Wednesday, June 5, 2024

communion - consumption

 I woke this morning with a memory of this image.


And it sticks with me in contrast with the businessman in Any Rand's "The Fountainhead." The guy who was not Howard Roark, who Rand would be pleased I remember. I read that doorstopper book in high school because her foundation offers a scholarship to write essays about it. I didn't end up composing an essay, because a true capitalist would take the lessons of the book to earn his own money rather than accept a bribe for vanity work. I wasn't going to give Ayn Rand's legacy foundation the satisfaction, so I have forgotten the other character's name, this businessman, and he is not worth the rent in my head. Anyway, this guy has a habit of finding works of art that he loves so deeply that he purchases them immediately. And then proceeds to wipe all traces of it from the rest of the world, storing it in his basement gallery so only he can enjoy it. He justifies this because there was a time where he had nothing and resented the chafing feeling of lacking access and interprets this as a power move to make the rest of the world blind to what he loves.

He had the golden rule in his mind of "He who has the gold makes the rules, and once I had nothing, so I am giving nothing back to the world who once hated me, now I am hated on my own merits on my own choices." What a diseased and pitiable mind, so I do not feel any sympathy to remember his name. At one point in the novel, one of the other protagonists asks the ubermensch architype architect, Howard Roark, "What do you think of me?" And Roark, from his perfect brutalist efficiency and vision of his towering and genius mind, turns to this character and states, "I don't."

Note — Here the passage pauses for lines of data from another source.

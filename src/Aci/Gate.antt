-- ===== src/Aci/Gate.antt =====
-- The Wilson gate, the quiet labels, and the threshold.
use mlcache.Prelude.{
  ◌≡◌, refl, sym, ap, ◌∙◌, ◌⊎◌, inl, inr, Bool, true, false, ◌&&◌, Option, none, some, arith,
  Bool-cases, if_true, if_false, Result, ok, raise,
}
use mlcache.Prelude.{◌>>=◌, if_true, if_false}
use mlcache.Float.{FloatOps, FloatLaws, fmin, fmax}
use mlcache.Aci.{
  Controller, wilson_ucb, observed, proposal, moved, blocked, gated, update_h0, update,
}
use mlcache.Aci.Bounds.{IsValid}

module _ {F : Type 0} ⦃fl : FloatOps F⦄ (laws : FloatLaws fl) where
  -- A clamp of what does not exceed `x` does not exceed it, where the bounds hold `x`.
  clamp_no_raise :
      (lo hi x p : F)
      → fl.le lo x ≡ true
      → fl.le x hi ≡ true
      → fl.lt x p ≡ false
      → fl.lt x (fmin hi (fmax lo p)) ≡ false
  clamp_no_raise lo hi x p low high under = clamped (Bool-cases (fl.lt lo p))
    where
      not_above_lo : fl.lt x lo ≡ false
      not_above_lo = ground (arith, laws.lt_not_le x lo)

      at_hi : fl.le hi x ≡ true → fl.lt x hi ≡ false
      at_hi h = ground (arith, laws.lt_not_le x hi)

      -- `hi` is at most `x` where it is at most a number that does not exceed `x`.
      reach : (q : F) → fl.le hi q ≡ true → fl.lt x q ≡ false → fl.le hi x ≡ true
      reach q h u =
          let x_q = laws.le_trans x hi q high h in
          ground (arith, laws.not_le_lt x q x_q, laws.le_trans hi q x h)

      capped : (q : F) → fl.le q q ≡ true → fl.lt x q ≡ false → fl.lt x (fmin hi q) ≡ false
      capped q num u = elim (Bool-cases (fl.lt q hi)) [
        | inl e ↦ rw e u
        | inr e ↦ rw e (at_hi (reach q (above q num e) u))
      ]
        where
          above : (q : F) → fl.le q q ≡ true → fl.lt q hi ≡ false → fl.le hi q ≡ true
          above q num e =
              ground (arith, laws.not_le_lt q hi, laws.le_total q hi num (laws.le_right x hi high))

      clamped : (fl.lt lo p ≡ true) ⊎ (fl.lt lo p ≡ false) → fl.lt x (fmin hi (fmax lo p)) ≡ false
      clamped (inl e) = rw e (capped p (laws.le_right lo p (laws.lt_le lo p e)) under)
      clamped (inr e) = rw e (capped lo (laws.le_left lo x low) not_above_lo)

  blocked_stays : (c : Controller F) → IsValid c → fl.lt c.alpha_t (blocked c).alpha_t ≡ false
  blocked_stays c v =
      clamp_no_raise c.config.alpha_min c.config.alpha_max c.alpha_t c.alpha_t v.low v.high
        (ground (arith, laws.lt_not_le c.alpha_t c.alpha_t, laws.le_right _ c.alpha_t v.low))

  -- The bound that let an upward move pass.
  abbrev Passed : Controller F → Type 0
  Passed d = (u : F) × (wilson_ucb d ≡ ok (some u)) × (fl.lt d.config.alpha_target u ≡ false)

  -- With the gate on, an update of a valid controller on an H0 event that raises `alpha_t` has a
  -- Wilson bound on the control outcomes, this one included, and the bound is not above the
  -- target. Floats obey the order laws.
  pub gate_loosens :
      (c c' : Controller F) (score : F) (accepted : Bool)
      → IsValid c
      → c.config.wilson_gate ≡ true
      → update c score (some 0) accepted ≡ ok c'
      → fl.lt c.alpha_t c'.alpha_t ≡ true
      → (u : F) × (wilson_ucb (observed c score accepted) ≡ ok (some u))
        × (fl.lt c.config.alpha_target u ≡ false)
  unfolding update update_h0 gated
  gate_loosens c c' score accepted v on h up = opened (Bool-cases (fl.lt c.alpha_t proposed))
    where
      d : Controller F
      d = observed c score accepted

      proposed : F
      proposed = proposal c accepted

      -- No result that leaves `alpha_t` at most where it was.
      not_lower : (x : Controller F) → fl.lt c.alpha_t x.alpha_t ≡ false → ok x ≡ ok c' → ⊥
      not_lower x low e = ground arith

      passed :
          (r : Result (Option F))
          → wilson_ucb d ≡ r
          → (r >>= λ ucb. ok (gated d proposed ucb)) ≡ ok c'
          → Passed d
      passed (raise x) e k = absurd (ground arith)
      passed (ok none) e k = absurd (not_lower (blocked d) (blocked_stays c v) k)
      passed (ok (some u)) e k = elim (Bool-cases (fl.lt c.config.alpha_target u)) [
        | inl over ↦
            absurd (not_lower (blocked d) (blocked_stays c v) (ap ok (sym (if_true _ _ over)) ∙ k))
        | inr within ↦ (u, e, within)
      ]

      opened : (fl.lt c.alpha_t proposed ≡ true) ⊎ (fl.lt c.alpha_t proposed ≡ false) → Passed d
      opened (inl e) =
          let both : (c.config.wilson_gate && fl.lt c.alpha_t proposed) ≡ true = rw (on, e) refl in
          passed (wilson_ucb d) refl (sym (if_true _ _ both) ∙ h)
      opened (inr e) =
          let closed : (c.config.wilson_gate && fl.lt c.alpha_t proposed) ≡ false =
            rw (on, e) refl in
          absurd (
            not_lower (moved d proposed)
              (clamp_no_raise c.config.alpha_min c.config.alpha_max c.alpha_t proposed v.low v.high
                e)
              (sym (if_false _ _ closed) ∙ h))
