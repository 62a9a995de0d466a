-- ===== src/Dict.antt =====
-- Python's `dict`: keys in insertion order. An assignment to a key that is there keeps its place,
-- a new key goes to the end; `pop(key, None)` drops the key.
pub mod Entries
pub mod Keys
use mlcache.Prelude.{
  ◌+◌, ◌≤◌, ◌<◌, ◌≡◌, refl, ite, true, Option, none, some, List, [], ◌∷◌, map, arith, length,
  is_some,
}

abbrev pub Dict {ℓ} : Type ℓ → Type ℓ → Type ℓ
Dict K V = List (K × V)

abbrev pub keys {ℓ} : {K V : Type ℓ} → Dict K V → List K
keys = map (λ e. e.0)

abbrev pub values {ℓ} : {K V : Type ℓ} → Dict K V → List V
values = map (λ e. e.1)

module _ {ℓ} {K V : Type ℓ} (dec : Discrete K) where
  unfoldable pub get : K → Dict K V → Option V
  get k [] = none
  get k ((j, v) ∷ m) = ite (dec j k) (some v) (get k m)

  unfoldable pub assign : K → V → Dict K V → Dict K V
  assign k v [] = (k, v) ∷ []
  assign k v ((j, w) ∷ m) = ite (dec j k) ((j, v) ∷ m) ((j, w) ∷ assign k v m)

  unfoldable pub pop : K → Dict K V → Dict K V
  pop k [] = []
  pop k ((j, w) ∷ m) = let rest = pop k m in ite (dec j k) rest ((j, w) ∷ rest)

  pub get-assign :
      (k j : K) (v : V) (m : Dict K V) → get j (assign k v m) ≡ ite (dec k j) (some v) (get j m)
  unfolding get assign
  get-assign k j v [] = ground arith
  get-assign k j v ((i, w) ∷ m) = ground (arith, get-assign k j v m)

  pub get-pop : (k j : K) (m : Dict K V) → get j (pop k m) ≡ ite (dec k j) none (get j m)
  unfolding get pop
  get-pop k j [] = ground arith
  get-pop k j ((i, w) ∷ m) = ground (arith, get-pop k j m)

  pub pop_absent : (k : K) (m : Dict K V) → get k m ≡ none → pop k m ≡ m
  unfolding get pop
  pop_absent k [] h = refl
  pop_absent k ((j, w) ∷ m) h = ground (arith, pop_absent k m)

  pub length-pop-le : (k : K) (m : Dict K V) → length (pop k m) ≤ length m
  unfolding pop
  length-pop-le k [] = omega arith
  length-pop-le k ((j, w) ∷ m) = ground (arith, length-pop-le k m)

  -- A key that is there leaves a shorter dictionary.
  pub length-pop-lt :
      (k : K) (m : Dict K V) → is_some (get k m) ≡ true → length (pop k m) < length m
  unfolding get pop
  length-pop-lt k ((j, w) ∷ m) h = ground (arith, length-pop-lt k m, length-pop-le k m)
  length-pop-lt k [] h = absurd (ground arith)

  pub length-assign-le : (k : K) (v : V) (m : Dict K V) → length (assign k v m) ≤ length m + 1
  unfolding assign
  length-assign-le k v [] = omega arith
  length-assign-le k v ((j, w) ∷ m) = ground (arith, length-assign-le k v m)

  pub get-assign_self : (k : K) (v : V) (m : Dict K V) → get k (assign k v m) ≡ some v
  get-assign_self k v m = rw get-assign (ground arith)

  pub get-assign_ne : (k j : K) (v : V) (m : Dict K V) → ¬ (k ≡ j) → get j (assign k v m) ≡ get j m
  get-assign_ne k j v m h = rw get-assign (ground arith)

  pub get-pop_ne : (k j : K) (m : Dict K V) → ¬ (k ≡ j) → get j (pop k m) ≡ get j m
  get-pop_ne k j m h = rw get-pop (ground arith)

  pub get-pop_self : (k : K) (m : Dict K V) → get k (pop k m) ≡ none
  get-pop_self k m = rw get-pop (ground arith)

So, I am giving unto Rand what is Rand and giving to God what is God's. And she is not God, and neither is Roark for all his perfection and the poverty of spiritual riches found in the materialist books.

And so we come back to this story told by Sendak, which on first glance, would appear to have the same result as the businessman's selfishness with the beauty of art. But the businessman was an adult with experience who could have thought about sharing and the grace of considering others. Children are allowed a grace to be instinctual and impulsive. And I think Sendak's interpretation is gracious and lovely. The child loved the image so much, that he wanted it to be a part of himself, and knew no greater means of doing so in the moment. He took the work of the artist and performed a communion with it.

I would aspire to the same grace to others, and to myself. The act of holy Communion is many things, but occasionally I want to accept it as the child did with free grace and take this priceless gift and honor it as food and fuel for my life. As it was the symbolic blood and the flesh, so may these images and words be transformed into the breath in my lungs, the calories in my veins, the means by with the swiftness of feet to bring the gospel and good news.

We receive this gift not for being deserving, but because we reached out to the Giver with open mouths and wanted to be fed with good bread and water of life. And it was provided like manna in the wilderness. What is this grace? I may never fully know, but I should be delighted to consume it and turn to praise with joy.